(YOUR TASK)
Go through the records and extract every line with the word "raises".

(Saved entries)
◇ ◇ ◇ ◇ ◇
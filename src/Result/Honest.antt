-- ===== src/Result/Honest.antt =====
-- A task that does not report a change has not changed the machine. `flag` is the local variable
-- `changed` of those methods that keep one.
use sophons.Base.{String, ◌≡◌, refl, ◌⊎◌, inl, inr, Bool, true, false, List, [], ◌∷◌, if◌then◌else◌}
use sophons.Base.Action.{
  Error, Outcome, ok, err, panic, Action, Keeps, After, continue, bind-Keeps, wrap, wrapping, raise,
  pure, each, ◌>>=◌, ◌>>◌,
}
use sophons.Result.{
  State, mark_changed, mark_skipped, set_extra, fail, query, observe, call, checked, failing,
}

abbrev pub Any : {S : Type 0} → S → Type 0
Any s = Unit

module _ {W R : Type 0} (flag : R → Bool) (start : W) where
  -- Where the machine differs from the one at the start, a change is noted.
  abbrev pub Noted : State W R → Type 0
  Noted s = (s.world ≡ start) ⊎ (s.common.changed ≡ true) ⊎ (flag s.extra ≡ true)

  abbrev pub IsFlagged : State W R → Type 0
  IsFlagged s = flag s.extra ≡ true

  abbrev pub IsHonest : {A : Type 0} → Action (State W R) A → Type 0
  IsHonest m = Keeps Noted Any m

  -- It notes a change whatever happened before.
  pub record Notes {A : Type 0} (m : Action (State W R) A) : Type 0 where
    pub at : (s : State W R) → After Noted Any (m s).0 (m s).1

  -- It leaves the variable `changed` as it is, if that is set.
  abbrev pub IsFlagKeeping : {A : Type 0} → Action (State W R) A → Type 0
  IsFlagKeeping m = Keeps IsFlagged Any m

  pub mark_changed-Notes : Notes mark_changed
  unfolding mark_changed
  mark_changed-Notes = record { at = λ s. inr (inl refl) }

  pub set_extra-Notes : (f : R → R) → ((r : R) → flag (f r) ≡ true) → Notes (set_extra f)
  unfolding set_extra
  set_extra-Notes f k = record { at = λ s. inr (inr (k s.extra)) }

  pub mark_skipped-IsHonest : IsHonest mark_skipped
  unfolding mark_skipped
  mark_skipped-IsHonest = record { at = λ s h. h }

  keep :
      (f : R → R)
      → ((r : R) → flag r ≡ true → flag (f r) ≡ true)
      → (s : State W R) → Noted s
      → Noted (record s { extra = f s.extra })
  keep f k s (inl e) = inl e
  keep f k s (inr (inl e)) = inr (inl e)
  keep f k s (inr (inr e)) = inr (inr (k s.extra e))

  pub set_extra-IsHonest :
      (f : R → R) → ((r : R) → flag r ≡ true → flag (f r) ≡ true) → IsHonest (set_extra f)
  unfolding set_extra
  set_extra-IsHonest f k = record { at = λ s h. keep f k s h }

  module _ {A : Type 0} where
    pub Notes-IsHonest : (m : Action (State W R) A) → Notes m → IsHonest m
    Notes-IsHonest m k = record { at = λ s h. k.at s }

    at_error : (P : State W R → Type 0) (r : Outcome A) (s : State W R) → P s → After P Any r s
    at_error P (ok a) s h = h
    at_error P (err e) s h = tt
    at_error P panic s h = tt

    pub fail-IsHonest : (e : Error) → IsHonest (fail {A = A} e)
    unfolding fail
    fail-IsHonest e = record { at = λ s h. tt }

    pub raise-IsHonest : (e : Error) → IsHonest {A = A} (raise e)
    unfolding raise
    raise-IsHonest e = record { at = λ s h. tt }

    pub pure-IsHonest : (a : A) → IsHonest (pure a)
    unfolding pure
    pure-IsHonest a = record { at = λ s h. h }

    pub query-IsHonest : (f : W → Outcome A) → IsHonest (query f)
    unfolding query
    query-IsHonest f = record { at = λ s h. at_error Noted (f s.world) s h }

    pub observe-IsHonest : (f : W → A) → IsHonest (observe f)
    unfolding observe
    observe-IsHonest f = record { at = λ s h. h }

    pub call-IsFlagKeeping : (m : Action W A) → IsFlagKeeping (call m)
    unfolding call
    call-IsFlagKeeping m = record {
      at = λ s h. let (r, w) = m s.world in at_error IsFlagged r (record s { world = w }) h;
    }

    failing_after :
        (P : State W R → Type 0) (r : Outcome A) (s : State W R)
        → After P Any r s
        → After P Any (failing r s).0 (failing r s).1
    failing_after P (ok a) s h = h
    failing_after P (err e) s h = tt
    failing_after P panic s h = tt

    wrap_after :
        (P : State W R → Type 0) (text : String) (r : Outcome A) (s : State W R)
        → After P Any r s
        → After P Any (wrap text r) s
    wrap_after P text (ok a) s h = h
    wrap_after P text (err e) s h = tt
    wrap_after P text panic s h = tt

    pub checked-IsHonest : (m : Action (State W R) A) → IsHonest m → IsHonest (checked m)
    unfolding checked
    checked-IsHonest m k = record {
      at = λ s h. let (r, s') = m s in failing_after Noted r s' (k.at s h);
    }

    pub checked-IsFlagKeeping :
        (m : Action (State W R) A) → IsFlagKeeping m → IsFlagKeeping (checked m)
    unfolding checked
    checked-IsFlagKeeping m k = record {
      at = λ s h. let (r, s') = m s in failing_after IsFlagged r s' (k.at s h);
    }

    pub wrapping-IsHonest :
        (text : String) (m : Action (State W R) A) → IsHonest m → IsHonest (wrapping text m)
    unfolding wrapping
    wrapping-IsHonest text m k = record {
      at = λ s h. let (r, s') = m s in wrap_after Noted text r s' (k.at s h);
    }

    pub wrapping-IsFlagKeeping :
        (text : String) (m : Action (State W R) A)
        → IsFlagKeeping m
        → IsFlagKeeping (wrapping text m)
    unfolding wrapping
    wrapping-IsFlagKeeping text m k = record {
      at = λ s h. let (r, s') = m s in wrap_after IsFlagged text r s' (k.at s h);
    }

    pub if-IsHonest :
        (b : Bool) (m n : Action (State W R) A)
        → IsHonest m
        → IsHonest n
        → IsHonest (if b then m else n)
    if-IsHonest true m n km kn = km
    if-IsHonest false m n km kn = kn

  module _ {A : Type 0} where
    pub fail-Notes : (e : Error) → Notes (fail {A = A} e)
    unfolding fail
    fail-Notes e = record { at = λ s. tt }

    pub if-Notes :
        (b : Bool) (m n : Action (State W R) A) → Notes m → Notes n → Notes (if b then m else n)
    if-Notes true m n km kn = km
    if-Notes false m n km kn = kn

  module _ {A B : Type 0} where
    continue-Notes_all :
        (r : Outcome A) (f : A → Action (State W R) B) (s : State W R)
        → ((a : A) → Notes (f a))
        → After Noted Any (continue r f s).0 (continue r f s).1
    continue-Notes_all (ok a) f s k = (k a).at s
    continue-Notes_all (err e) f s k = tt
    continue-Notes_all panic f s k = tt

    pub bind-Notes :
        (m : Action (State W R) A) (f : A → Action (State W R) B)
        → ((a : A) → Notes (f a))
        → Notes (m >>= f)
    unfolding ◌>>=◌
    bind-Notes m f k = record { at = λ s. let (r, s') = m s in continue-Notes_all r f s' k }

  module _ {A B : Type 0} where
    continue-Notes :
        (r : Outcome A) (n : Action (State W R) B) (s : State W R)
        → Notes n
        → After Noted Any (continue r (λ _. n) s).0 (continue r (λ _. n) s).1
    continue-Notes (ok a) n s k = k.at s
    continue-Notes (err e) n s k = tt
    continue-Notes panic n s k = tt

    -- A change that is noted afterwards.
    pub then-Notes :
        (m : Action (State W R) A) (n : Action (State W R) B) → Notes n → Notes (m >> n)
    unfolding ◌>>=◌
    then-Notes m n k = record { at = λ s. let (r, s') = m s in continue-Notes r n s' k }

  module _ {A : Type 0} where
    noted : (r : Outcome A) (s : State W R) → After IsFlagged Any r s → After Noted Any r s
    noted (ok a) s h = inr (inr h)
    noted (err e) s h = tt
    noted panic s h = tt

    -- A change that is noted before.
    pub flag_first :
        (f : R → R) (m : Action (State W R) A)
        → ((r : R) → flag (f r) ≡ true)
        → IsFlagKeeping m
        → IsHonest (set_extra f >> m)
    unfolding ◌>>=◌ set_extra
    flag_first f m raises k = record {
      at = λ s h.
          let s' : State W R = record s { extra = f s.extra } in
          noted (m s').0 (m s').1 (k.at s' (raises s.extra));
    }

  module _ {A : Type 0} where
    pub each-IsHonest :
        (body : A → Action (State W R) (Unit {0})) (xs : List A)
        → ((a : A) → IsHonest (body a))
        → IsHonest (each body xs)
    unfolding each
    each-IsHonest body [] k = pure-IsHonest tt
    each-IsHonest body (x ∷ xs) k = bind-Keeps _ _ (k x) (λ _. each-IsHonest body xs k)

-- To be used with the flag and the machine at the start.
pub ruleset honest_rules = (
  mark_changed-Notes, mark_skipped-IsHonest, fail-IsHonest, raise-IsHonest, pure-IsHonest,
  query-IsHonest, observe-IsHonest, call-IsFlagKeeping, checked-IsHonest, checked-IsFlagKeeping,
  wrapping-IsHonest, wrapping-IsFlagKeeping, if-IsHonest, then-Notes, bind-Keeps,
)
◇ ◇ ◇ ◇ ◇
(WORKED SOLUTION)
    flag_first f m raises k = record {
          noted (m s').0 (m s').1 (k.at s' (raises s.extra));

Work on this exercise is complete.